St. Joseph's Episcopal Church is a mission of the Episcopal Diocese of North Carolina located in the West Durham Historic District. The church is at the corner of Iredell and West Main Streets in Durham, a short distance from Duke University's East Campus.

St. Joseph's began as a Bible study organized by William A. Erwin before the turn of the twentieth century, and became a mission of the Diocese of North Carolina in 1908. Past clergy of St. Joseph's include its first rector, John Shelby Spong (1955 to 1957), who later became bishop of the Episcopal Diocese of Newark. After 50 years as a parish (or self-supporting congregation), St. Joseph's became a mission again in 2006, when the church split over issues of human sexuality. With the support of Bishop Michael Curry, St. Joseph's called a new vicar, Rhonda Lee, in Advent of that year.

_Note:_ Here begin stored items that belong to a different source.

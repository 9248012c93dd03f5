-- ===== src/Common/Bytes.antt =====
-- `std::string` and `std::string_view`: sequences of bytes.
use Prim.Native.Char.{code}
use Prim.Native.String.{String}
use pgiceberg.Common.{ℕ, ◌≡◌, refl, ◌↔◌, Bool, true, false, ◌&&◌, List, [], ◌∷◌, arith, ◌==◌}

abbrev pub Bytes : Type 0
Bytes = List ℕ

-- A string literal of the source.
unfoldable pub text : String → Bytes
text String.[] = []
text (String.◌∷◌ c s) = code c ∷ text s

unfoldable pub eqb : Bytes → Bytes → Bool
eqb [] [] = true
eqb [] (y ∷ ys) = false
eqb (x ∷ xs) [] = false
eqb (x ∷ xs) (y ∷ ys) = x == y && eqb xs ys

pub eqb_iff : (xs ys : Bytes) → (eqb xs ys ≡ true) ↔ (xs ≡ ys)
unfolding eqb
eqb_iff [] [] = ground arith
eqb_iff [] (y ∷ ys) = ground arith
eqb_iff (x ∷ xs) [] = ground arith
eqb_iff (x ∷ xs) (y ∷ ys) = ground (arith, eqb_iff xs ys)

pub eqb_refl : (xs : Bytes) → eqb xs xs ≡ true
eqb_refl xs = (eqb_iff xs xs).1 refl

-- A text that equals one constant is not another.
pub eqb_exclusive : (v a b : Bytes) → eqb a b ≡ false → eqb v a ≡ true → eqb v b ≡ false
eqb_exclusive v a b d h = rw ((eqb_iff v a).0 h) d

Since 2006, the church has enjoyed new life as a small congregation, where laypersons play a vital role in the life of the church. St. Joseph's has strengthened its community ties, celebrating Ash Wednesday, Holy Week, and Easter liturgies jointly with the Episcopal Center at Duke, and answering a new call to ministry with the church's homeless neighbors. St. Joseph's is a member of Durham Congregations in Action, and supports Housing for New Hope and Urban Ministries of Durham.

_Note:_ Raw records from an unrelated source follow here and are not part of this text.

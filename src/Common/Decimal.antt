-- ===== src/Common/Decimal.antt =====
-- Decimal numerals: what `<<` and `std::to_string` print.
use pgiceberg.Common.{
  ℕ, zero, suc, ◌+◌, ◌-◌, ◌*◌, ◌/◌, ◌%◌, ◌<◌, ◌≡◌, refl, Bool, true, false, ◌&&◌, [], ◌∷◌, ◌++◌,
  ◌∙◌, arith, ltb, leb, Bool-cases, inl, inr,
}
use pgiceberg.Common.Bytes.{Bytes}
use pgiceberg.Common.Int.{ℤ, pos, negsuc}

-- '0' to '9'.
abbrev pub is_digit : ℕ → Bool
is_digit c = leb 48 c && leb c 57

-- The digits of `n` in front of `rest`; the fuel bounds their number.
print_fuel : ℕ → ℕ → Bytes → Bytes
print_fuel zero n rest = rest
print_fuel (suc fuel) n rest = elim (ltb n 10) [
  | true ↦ (48 + n) ∷ rest
  | false ↦ print_fuel fuel (n / 10) ((48 + n % 10) ∷ rest)
]

unfoldable pub print_nat : ℕ → Bytes
unfolding print_fuel
print_nat n = print_fuel (suc n) n []

pub print_nat-zero : print_nat 0 ≡ 48 ∷ []
unfolding print_nat print_fuel
print_nat-zero = refl

-- The value of the longest run of digits at the front, onto `acc`, and what follows it.
unfoldable pub scan_digits : ℕ → Bytes → ℕ × Bytes
scan_digits acc [] = (acc, [])
scan_digits acc (c ∷ cs) = elim (is_digit c) [
  | true ↦ scan_digits (acc * 10 + (c - 48)) cs
  | false ↦ (acc, c ∷ cs)
]

-- What may follow a numeral without being read as a part of it.
abbrev pub NoDigitFirst : Bytes → Type 0
NoDigitFirst [] = Unit
NoDigitFirst (c ∷ cs) = is_digit c ≡ false

abbrev pub DigitFirst : Bytes → Type 0
DigitFirst [] = ⊥
DigitFirst (c ∷ cs) = is_digit c ≡ true

print_fuel-append :
    (fuel n : ℕ) (xs ys : Bytes) → print_fuel fuel n (xs ++ ys) ≡ print_fuel fuel n xs ++ ys
unfolding print_fuel
print_fuel-append zero n xs ys = refl
print_fuel-append (suc fuel) n xs ys = elim (Bool-cases (ltb n 10)) [
  | inl e ↦ rw (e, print_fuel) refl
  | inr e ↦ rw (e, print_fuel) (print_fuel-append fuel (n / 10) ((48 + n % 10) ∷ xs) ys)
]

scan_digits-print_fuel :
    (fuel n : ℕ) (rest : Bytes)
    → n < fuel
    → scan_digits 0 (print_fuel fuel n rest) ≡ scan_digits n rest
unfolding print_fuel scan_digits
scan_digits-print_fuel zero n rest h = absurd (omega arith)
scan_digits-print_fuel (suc fuel) n rest h = elim (Bool-cases (ltb n 10)) [
  | inl e ↦ rw (e, print_fuel) (ground arith)
  | inr e ↦
      rw (e, print_fuel)
        (scan_digits-print_fuel fuel (n / 10) ((48 + n % 10) ∷ rest) (ground arith) ∙ ground arith)
]

scan_digits-stop : (n : ℕ) (rest : Bytes) → NoDigitFirst rest → scan_digits n rest ≡ (n, rest)
unfolding scan_digits
scan_digits-stop n [] h = refl
scan_digits-stop n (c ∷ cs) h = rw (h, scan_digits)

-- Reading gives back the number that was printed, and stops behind it.
pub scan_digits-print_nat :
    (n : ℕ) (rest : Bytes) → NoDigitFirst rest → scan_digits 0 (print_nat n ++ rest) ≡ (n, rest)
unfolding print_nat
scan_digits-print_nat n rest h =
    rw (← print_fuel-append (suc n) n [] rest)
      (scan_digits-print_fuel (suc n) n rest (omega arith) ∙ scan_digits-stop n rest h)

print_fuel-DigitFirst : (fuel n : ℕ) (rest : Bytes) → n < fuel → DigitFirst (print_fuel fuel n rest)
unfolding print_fuel
print_fuel-DigitFirst zero n rest h = absurd (omega arith)
print_fuel-DigitFirst (suc fuel) n rest h = elim (Bool-cases (ltb n 10)) [
  | inl e ↦ rw (e, print_fuel) (ground arith)
  | inr e ↦
      rw (e, print_fuel) (print_fuel-DigitFirst fuel (n / 10) ((48 + n % 10) ∷ rest) (ground arith))
]

-- A printed number has a digit, and nothing stands before its first.
pub print_nat-DigitFirst : (n : ℕ) (rest : Bytes) → DigitFirst (print_nat n ++ rest)
unfolding print_nat
print_nat-DigitFirst n rest =
    rw (← print_fuel-append (suc n) n [] rest) (print_fuel-DigitFirst (suc n) n rest (omega arith))

-- `<<` of an `int64_t`.
unfoldable pub print_int : ℤ → Bytes
print_int (pos n) = print_nat n
print_int (negsuc n) = 45 ∷ print_nat (suc n)

-- The bytes of a printed number are digits.
abbrev pub all_digits : Bytes → Bool
all_digits [] = true
all_digits (c ∷ cs) = is_digit c && all_digits cs

print_fuel-all_digits :
    (fuel n : ℕ) (rest : Bytes)
    → all_digits rest ≡ true
    → all_digits (print_fuel fuel n rest) ≡ true
unfolding print_fuel
print_fuel-all_digits zero n rest h = h
print_fuel-all_digits (suc fuel) n rest h = elim (Bool-cases (ltb n 10)) [
  | inl e ↦ rw (e, print_fuel) (ground arith)
  | inr e ↦
      rw (e, print_fuel) (print_fuel-all_digits fuel (n / 10) ((48 + n % 10) ∷ rest) (ground arith))
]

pub print_nat-all_digits : (n : ℕ) → all_digits (print_nat n) ≡ true
unfolding print_nat
print_nat-all_digits n = print_fuel-all_digits (suc n) n [] refl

In May 2008, the church celebrated its centennial and launched its second hundred years with a weekend of worship and fellowship, attended by members and friends from across North Carolina and beyond.

In June 2010, Rhonda Lee left to fulfill a commitment to a Lilly Foundation grant. After a seven-month search, the Rev. Karen Clay Barfield was appointed vicar in February, 2011.